Certaines entreprises ont déjà commencé à intégrer de la réciprocité dans leur fonctionnement, investissant dans des actifs intangibles comme le capital social et intellectuel, et s’inscrivant dans une démarche à long terme. Mais le système actuel ne permet pas à ces entreprises de type mutualiste (par opposition au type parasitaire, qui agit au détriment des autres) de se multiplier car les entreprises parasitaires génèrent plus de profit sur le court terme et achètent un soutien législatif pour continuer de prospérer.

Or, pour l’auteure, l’économie ne peut être durable que si les entreprises s’inscrivent dans la réciprocité plutôt que dans le parasitisme. Le fonctionnement actuel crée toujours plus d’extraction mais pas plus de bien-être.

Les organisations à but non lucratif doivent ainsi montrer la voie pour que les entreprises adoptent des échanges réciproques. L’auteure détermine quatre propositions en ce sens :

  1. Mettre davantage en avant les bases de l’échange à but non lucratif : mutualisme et réciprocité, qui apportent des avantages systémiques pour la société.
  2. Adopter une approche capacitaire (Sen, 2009). L’activation d’un potentiel au niveau micro produit des effets au niveau macroéconomique.
  3. Apprendre à penser de manière dynamique, en prenant en compte plusieurs échelles temporelles et plusieurs niveaux interconnectés (individuel, organisationnel, communautaire, national et mondial).
  4. Reconnaître que les ressources ne se définissent pas uniquement par l’argent : les actifs intangibles (tels que les relations interpersonnelles, le savoir et la réputation) doivent être reconnus comme le principal moteur de la création de valeur dans les entreprises.

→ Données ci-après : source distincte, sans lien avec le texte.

-- ===== src/App/Run/State.antt =====
-- The state of a run and what the callbacks do to it before the first answer: the view, `clearResults`,
-- `cancelRun`, `recordHistory` and the beginning of `runOnApi` of web/app/src/playground/App.tsx.
use zero_code.Base.{
  Bool, true, false, ◌||◌, List, [], ◌∷◌, Option, none, some, if◌then◌else◌, take, is_empty,
}
use zero_code.Base.Text.{Text, codes}
use zero_code.Api.Status.{
  StatusKind, idle, queued, processing, cancelled, Json, str, obj, get_member,
}
use zero_code.Panel.Cases.{Number}

pub record HistoryEntry : Type 0 where
  pub name : Text
  pub verdict : StatusKind
  pub time : Option Number
  pub token : Text

pub record RunMetrics : Type 0 where
  pub time : Option Number
  pub memory : Option Number
  pub exit_code : Option Number
  pub signal : Option Text

-- `sub.signal?.name ?? (typeof sub.signal === 'string' ? sub.signal : null)`
unfoldable pub signal_name : Option Json → Option Text
unfolding get_member
signal_name (some (str s)) = some s
signal_name (some (obj ms)) = string_member (get_member (codes "name") ms)
  where
    string_member : Option Json → Option Text
    string_member (some (str s)) = some s
    string_member _ = none
signal_name _ = none

pub data ErrorMessage : Type 0 where
  submit_failed stream_error poll_failed : Text → ErrorMessage
  no_token no_api_reachable : ErrorMessage

-- What the user sees of a run.
pub record View : Type 0 where
  pub status : StatusKind
  pub status_detail : Option Text
  pub output : List Text
  pub stderr : List Text
  pub compile_output : Text
  pub metrics : RunMetrics
  pub token : Text
  pub history : List HistoryEntry
  pub error : Option ErrorMessage

-- The view with the variables that the callbacks of one run share: `runCtlRef` holds the controller,
-- its signal is aborted, `cancelStreamRef` holds the stream, `onError` waits for `poll`, and the closure's
-- own variables.
pub record Run : Type 0 where
  pub view : View
  pub held : Bool
  pub aborted : Bool
  pub streaming : Bool
  pub polling : Bool
  pub tkn : Text
  pub stdout_buf : Text
  pub stderr_buf : Text
  pub finished : Bool

unfoldable pub clear_results : View → View
clear_results v = record v {
  status = idle;
  status_detail = none;
  output = [];
  stderr = [];
  compile_output = [];
  metrics = record { time = none; memory = none; exit_code = none; signal = none };
  error = none;
}

abbrev pub is_busy : StatusKind → Bool
is_busy queued = true
is_busy processing = true
is_busy _ = false

-- `cancelRun`
unfoldable pub cancel_run : Run → Run
cancel_run r = record r { streaming = false; aborted = r.aborted || r.held; held = false }

-- The cancel button, and the key: `cancelRun`, and the status if a run is shown.
unfoldable pub on_cancel : Run → Run
unfolding cancel_run
on_cancel r =
    let c = cancel_run r in
    if is_busy c.view.status then record c { view = record c.view { status = cancelled } } else c

-- `recordHistory`; `Date.now()` is left out.
unfoldable pub record_history : Text → StatusKind → Option Number → Text → View → View
record_history name kind time token v = record v {
  history =
      take 20 (record { name = name; verdict = kind; time = time; token = token } ∷ v.history);
}

-- `.filter((_, i, a) => i < a.length - 1 || a[i] !== '')`: an empty last line goes.
unfoldable pub drop_last_empty : List Text → List Text
drop_last_empty [] = []
drop_last_empty (l ∷ []) = if is_empty l then [] else l ∷ []
drop_last_empty (l ∷ m ∷ ls) = l ∷ drop_last_empty (m ∷ ls)

-- The beginning of `runOnApi`.
unfoldable pub start : View → Run
unfolding clear_results
start v = record {
  view = record (clear_results v) { status = queued };
  held = true;
  aborted = false;
  streaming = false;
  polling = false;
  tkn = [];
  stdout_buf = [];
  stderr_buf = [];
  finished = false;
}

-- When React runs an updater that `setOutput` or `setStderr` is given: at the call, which it does only
-- while nothing waits to be rendered, or when it renders.
pub data Moment : Type 0 where
  at_call at_render : Moment

pub record Updaters : Type 0 where
  pub stdout_at : Moment
  pub stderr_at : Moment

-- `if (stdoutBuf.length) { setOutput(p => [...p, stdoutBuf]); stdoutBuf = ''; }`: what the updater adds. It
-- reads the variable, which is empty again when React renders.
unfoldable pub last_line : Moment → Text → List Text
last_line moment [] = []
last_line at_call (c ∷ cs) = (c ∷ cs) ∷ []
last_line at_render (c ∷ cs) = [] ∷ []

L’auteure conclut que ce n’est qu’en rétablissant la réciprocité comme principe économique directeur que nous pourrons assurer la prospérité des siècles à venir.

Les organisations à but non lucratif doivent devenir des donneurs de sens (Corley & Gioia, 2011), aidant le commerce à donner un nouveau sens à ses pratiques d’échange.

*Elizabeth A. Castillo est professeure adjointe en leadership et études interdisciplinaires au sein de l’Arizona State University.